[Data shown — start]

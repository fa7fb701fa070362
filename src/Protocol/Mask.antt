-- ===== src/Protocol/Mask.antt =====
-- The masking functions of uWebSockets/src/WebSocketProtocol.h: unmaskAvx2, unmaskNeon,
-- unmaskImprecise, unmaskImpreciseCopyMask, unmaskInplace and rotateMask.
-- Each takes the bytes that it reads and returns those that it writes. The source writes over its
-- input, or four bytes in front of it; a byte is read before anything is written at its place.
pub mod Masked
pub mod Rotate
use eiows.Common.{
  ℕ, zero, suc, ◌+◌, ◌*◌, ◌/◌, bit_and, bit_xor, List, [], ◌∷◌, ◌++◌, leb, ◌==◌, if◌then◌else◌,
  Bytes, length, take, drop,
}
use eiows.Protocol.Ascii.{Simd, scalar, avx2, neon}

-- char mask[4]
pub record Mask : Type 0 where
  pub m0 : ℕ
  pub m1 : ℕ
  pub m2 : ℕ
  pub m3 : ℕ

-- mask[i], for i below 4
abbrev pub mask_at : Mask → ℕ → ℕ
mask_at mask i =
    if i == 0 then mask.m0 else if i == 1 then mask.m1 else if i == 2 then mask.m2 else mask.m3

-- mask[i] = v, for i below 4
abbrev pub set_mask : Mask → ℕ → ℕ → Mask
set_mask mask i v =
    if i == 0
    then record mask { m0 = v }
    else if i == 1
    then record mask { m1 = v }
    else if i == 2
    then record mask { m2 = v }
    else record mask { m3 = v }

-- for (index = i; ...; index++) ... ^ mask[index & 3]
pub unmask_bytes : Mask → ℕ → Bytes → Bytes
unmask_bytes mask i [] = []
unmask_bytes mask i (b ∷ s) = bit_xor b (mask_at mask (bit_and i 3)) ∷ unmask_bytes mask (i + 1) s

-- for (index = i; ...; index++) ... ^ mask[index], over less than four bytes
pub unmask_rest : Mask → ℕ → Bytes → Bytes
unmask_rest mask i [] = []
unmask_rest mask i (b ∷ s) = bit_xor b (mask_at mask i) ∷ unmask_rest mask (i + 1) s

-- while (length >= 4) ..., and the loop behind it
pub unmask_words : Mask → Bytes → Bytes
unmask_words mask (a ∷ b ∷ c ∷ d ∷ s) =
    bit_xor a mask.m0
    ∷ bit_xor b mask.m1
    ∷ bit_xor c mask.m2
    ∷ bit_xor d mask.m3
    ∷ unmask_words mask s
unmask_words mask s = unmask_rest mask 0 s

-- _mm256_set1_epi32 of the mask's four bytes, and the 16 bytes of unmaskNeon's maskBytes.
pub repeat_mask : ℕ → Mask → Bytes
repeat_mask zero mask = []
repeat_mask (suc n) mask = mask.m0 ∷ mask.m1 ∷ mask.m2 ∷ mask.m3 ∷ repeat_mask n mask

-- _mm256_xor_si256, veorq_u8
pub lanes_xor : Bytes → Bytes → Bytes
lanes_xor (a ∷ xs) (b ∷ ys) = bit_xor a b ∷ lanes_xor xs ys
lanes_xor _ _ = []

-- for (; i + 4 * words <= length; i += 4 * words), and the loop behind it
pub unmask_vectors : ℕ → ℕ → Mask → ℕ → Bytes → Bytes
unmask_vectors zero words mask i s = unmask_bytes mask i s
unmask_vectors (suc fuel) words mask i s =
    let block = lanes_xor (take (4 * words) s) (repeat_mask words mask) in
    let rest = unmask_vectors fuel words mask (i + 4 * words) (drop (4 * words) s) in
    if leb (4 * words) (length s) then block ++ rest else unmask_bytes mask i s

pub unmask_avx2 : Mask → Bytes → Bytes
unmask_avx2 mask s = unmask_vectors (length s) 8 mask 0 s

pub unmask_neon : Mask → Bytes → Bytes
unmask_neon mask s = unmask_vectors (length s) 4 mask 0 s

-- unmaskImprecise, and unmaskInplace, which has the same code with one pointer.
pub unmask : Simd → Mask → Bytes → Bytes
unmask avx2 mask s = if leb 64 (length s) then unmask_avx2 mask s else unmask_words mask s
unmask neon mask s = if leb 64 (length s) then unmask_neon mask s else unmask_words mask s
unmask scalar mask s = unmask_words mask s

pub rotate_mask : ℕ → Mask → Mask
rotate_mask offset mask =
    set_mask
      (set_mask
        (set_mask (set_mask mask (bit_and (0 + offset) 3) mask.m0) (bit_and (1 + offset) 3) mask.m1)
        (bit_and (2 + offset) 3) mask.m2)
      (bit_and (3 + offset) 3) mask.m3

-- The whole rest of a payload, as consumeContinuation unmasks it: n = remainingBytes >> 2 words,
-- then src[n * 4 + i] ^= mask[i].
pub unmask_remaining : Simd → Mask → Bytes → Bytes
unmask_remaining simd mask s =
    let n = length s / 4 in unmask simd mask (take (n * 4) s) ++ unmask_rest mask 0 (drop (n * 4) s)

[Data shown — finish]

What is being asked: Copy out the material word for word and line for line.

Exercise response:
repository fa7fb701fa070362
filename src/Protocol/Mask.antt
-- ===== src/Protocol/Mask.antt =====
-- The masking functions of uWebSockets/src/WebSocketProtocol.h: unmaskAvx2, unmaskNeon,
-- unmaskImprecise, unmaskImpreciseCopyMask, unmaskInplace and rotateMask.
-- Each takes the bytes that it reads and returns those that it writes. The source writes over its
-- input, or four bytes in front of it; a byte is read before anything is written at its place.
pub mod Masked
pub mod Rotate
use eiows.Common.{
  ℕ, zero, suc, ◌+◌, ◌*◌, ◌/◌, bit_and, bit_xor, List, [], ◌∷◌, ◌++◌, leb, ◌==◌, if◌then◌else◌,
  Bytes, length, take, drop,
}
use eiows.Protocol.Ascii.{Simd, scalar, avx2, neon}

-- char mask[4]
pub record Mask : Type 0 where
  pub m0 : ℕ
  pub m1 : ℕ
  pub m2 : ℕ
  pub m3 : ℕ

-- mask[i], for i below 4
abbrev pub mask_at : Mask → ℕ → ℕ
mask_at mask i =
    if i == 0 then mask.m0 else if i == 1 then mask.m1 else if i == 2 then mask.m2 else mask.m3

-- mask[i] = v, for i below 4
abbrev pub set_mask : Mask → ℕ → ℕ → Mask
set_mask mask i v =
    if i == 0
    then record mask { m0 = v }
    else if i == 1
    then record mask { m1 = v }
    else if i == 2
    then record mask { m2 = v }
    else record mask { m3 = v }

-- for (index = i; ...; index++) ... ^ mask[index & 3]
pub unmask_bytes : Mask → ℕ → Bytes → Bytes
unmask_bytes mask i [] = []
unmask_bytes mask i (b ∷ s) = bit_xor b (mask_at mask (bit_and i 3)) ∷ unmask_bytes mask (i + 1) s

-- for (index = i; ...; index++) ... ^ mask[index], over less than four bytes
pub unmask_rest : Mask → ℕ → Bytes → Bytes
unmask_rest mask i [] = []
unmask_rest mask i (b ∷ s) = bit_xor b (mask_at mask i) ∷ unmask_rest mask (i + 1) s

-- while (length >= 4) ..., and the loop behind it
pub unmask_words : Mask → Bytes → Bytes
unmask_words mask (a ∷ b ∷ c ∷ d ∷ s) =
    bit_xor a mask.m0
    ∷ bit_xor b mask.m1
    ∷ bit_xor c mask.m2
    ∷ bit_xor d mask.m3
    ∷ unmask_words mask s
unmask_words mask s = unmask_rest mask 0 s

-- _mm256_set1_epi32 of the mask's four bytes, and the 16 bytes of unmaskNeon's maskBytes.
pub repeat_mask : ℕ → Mask → Bytes
repeat_mask zero mask = []
repeat_mask (suc n) mask = mask.m0 ∷ mask.m1 ∷ mask.m2 ∷ mask.m3 ∷ repeat_mask n mask

-- _mm256_xor_si256, veorq_u8
pub lanes_xor : Bytes → Bytes → Bytes
lanes_xor (a ∷ xs) (b ∷ ys) = bit_xor a b ∷ lanes_xor xs ys
lanes_xor _ _ = []

-- for (; i + 4 * words <= length; i += 4 * words), and the loop behind it
pub unmask_vectors : ℕ → ℕ → Mask → ℕ → Bytes → Bytes
unmask_vectors zero words mask i s = unmask_bytes mask i s
unmask_vectors (suc fuel) words mask i s =
    let block = lanes_xor (take (4 * words) s) (repeat_mask words mask) in
    let rest = unmask_vectors fuel words mask (i + 4 * words) (drop (4 * words) s) in
    if leb (4 * words) (length s) then block ++ rest else unmask_bytes mask i s

pub unmask_avx2 : Mask → Bytes → Bytes
unmask_avx2 mask s = unmask_vectors (length s) 8 mask 0 s

pub unmask_neon : Mask → Bytes → Bytes
unmask_neon mask s = unmask_vectors (length s) 4 mask 0 s

-- unmaskImprecise, and unmaskInplace, which has the same code with one pointer.
pub unmask : Simd → Mask → Bytes → Bytes
unmask avx2 mask s = if leb 64 (length s) then unmask_avx2 mask s else unmask_words mask s
unmask neon mask s = if leb 64 (length s) then unmask_neon mask s else unmask_words mask s
unmask scalar mask s = unmask_words mask s

pub rotate_mask : ℕ → Mask → Mask
rotate_mask offset mask =
    set_mask
      (set_mask
        (set_mask (set_mask mask (bit_and (0 + offset) 3) mask.m0) (bit_and (1 + offset) 3) mask.m1)
        (bit_and (2 + offset) 3) mask.m2)
      (bit_and (3 + offset) 3) mask.m3

-- The whole rest of a payload, as consumeContinuation unmasks it: n = remainingBytes >> 2 words,
-- then src[n * 4 + i] ^= mask[i].
pub unmask_remaining : Simd → Mask → Bytes → Bytes
unmask_remaining simd mask s =
    let n = length s / 4 in unmask simd mask (take (n * 4) s) ++ unmask_rest mask 0 (drop (n * 4) s)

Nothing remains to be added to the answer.